▶ EXERCISE GOAL: Work out how many lines below contain the word "poldek", then give that number alone.

[SOURCE DATA Boundary: Start]

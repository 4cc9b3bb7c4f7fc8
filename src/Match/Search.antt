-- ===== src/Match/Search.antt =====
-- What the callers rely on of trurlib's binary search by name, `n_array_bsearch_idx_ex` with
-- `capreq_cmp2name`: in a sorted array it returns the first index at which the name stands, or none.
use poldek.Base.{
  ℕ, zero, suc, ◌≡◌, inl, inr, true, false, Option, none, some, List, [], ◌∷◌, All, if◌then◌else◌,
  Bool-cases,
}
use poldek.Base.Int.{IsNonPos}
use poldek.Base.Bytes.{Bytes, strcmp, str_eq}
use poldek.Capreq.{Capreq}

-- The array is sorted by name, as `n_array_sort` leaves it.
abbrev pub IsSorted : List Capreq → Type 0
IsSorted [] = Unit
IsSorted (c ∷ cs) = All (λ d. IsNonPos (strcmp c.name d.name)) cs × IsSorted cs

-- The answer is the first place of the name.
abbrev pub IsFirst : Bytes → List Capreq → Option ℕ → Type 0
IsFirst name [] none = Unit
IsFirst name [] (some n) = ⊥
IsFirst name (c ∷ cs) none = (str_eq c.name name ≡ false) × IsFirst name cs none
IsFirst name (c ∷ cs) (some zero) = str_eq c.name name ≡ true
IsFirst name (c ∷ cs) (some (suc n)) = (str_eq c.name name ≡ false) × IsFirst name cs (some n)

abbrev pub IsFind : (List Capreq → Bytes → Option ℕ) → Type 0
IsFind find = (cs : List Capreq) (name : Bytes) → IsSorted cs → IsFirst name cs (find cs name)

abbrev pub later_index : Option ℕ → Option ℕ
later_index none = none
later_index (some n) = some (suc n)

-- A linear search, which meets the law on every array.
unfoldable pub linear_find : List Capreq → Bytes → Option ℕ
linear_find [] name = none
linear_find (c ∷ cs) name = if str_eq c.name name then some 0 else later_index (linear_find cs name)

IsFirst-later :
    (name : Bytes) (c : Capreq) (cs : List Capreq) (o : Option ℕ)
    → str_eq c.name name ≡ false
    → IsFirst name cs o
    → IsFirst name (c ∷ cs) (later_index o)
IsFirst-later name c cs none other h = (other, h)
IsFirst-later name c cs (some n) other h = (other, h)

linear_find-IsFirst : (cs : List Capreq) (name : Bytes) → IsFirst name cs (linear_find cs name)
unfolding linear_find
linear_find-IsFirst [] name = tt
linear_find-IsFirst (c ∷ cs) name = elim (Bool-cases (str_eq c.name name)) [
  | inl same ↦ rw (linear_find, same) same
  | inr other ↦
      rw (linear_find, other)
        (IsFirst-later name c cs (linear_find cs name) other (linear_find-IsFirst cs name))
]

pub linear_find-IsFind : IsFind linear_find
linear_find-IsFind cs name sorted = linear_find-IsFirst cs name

[SOURCE DATA Boundary: End]

▶ EXERCISE SOLUTION: 4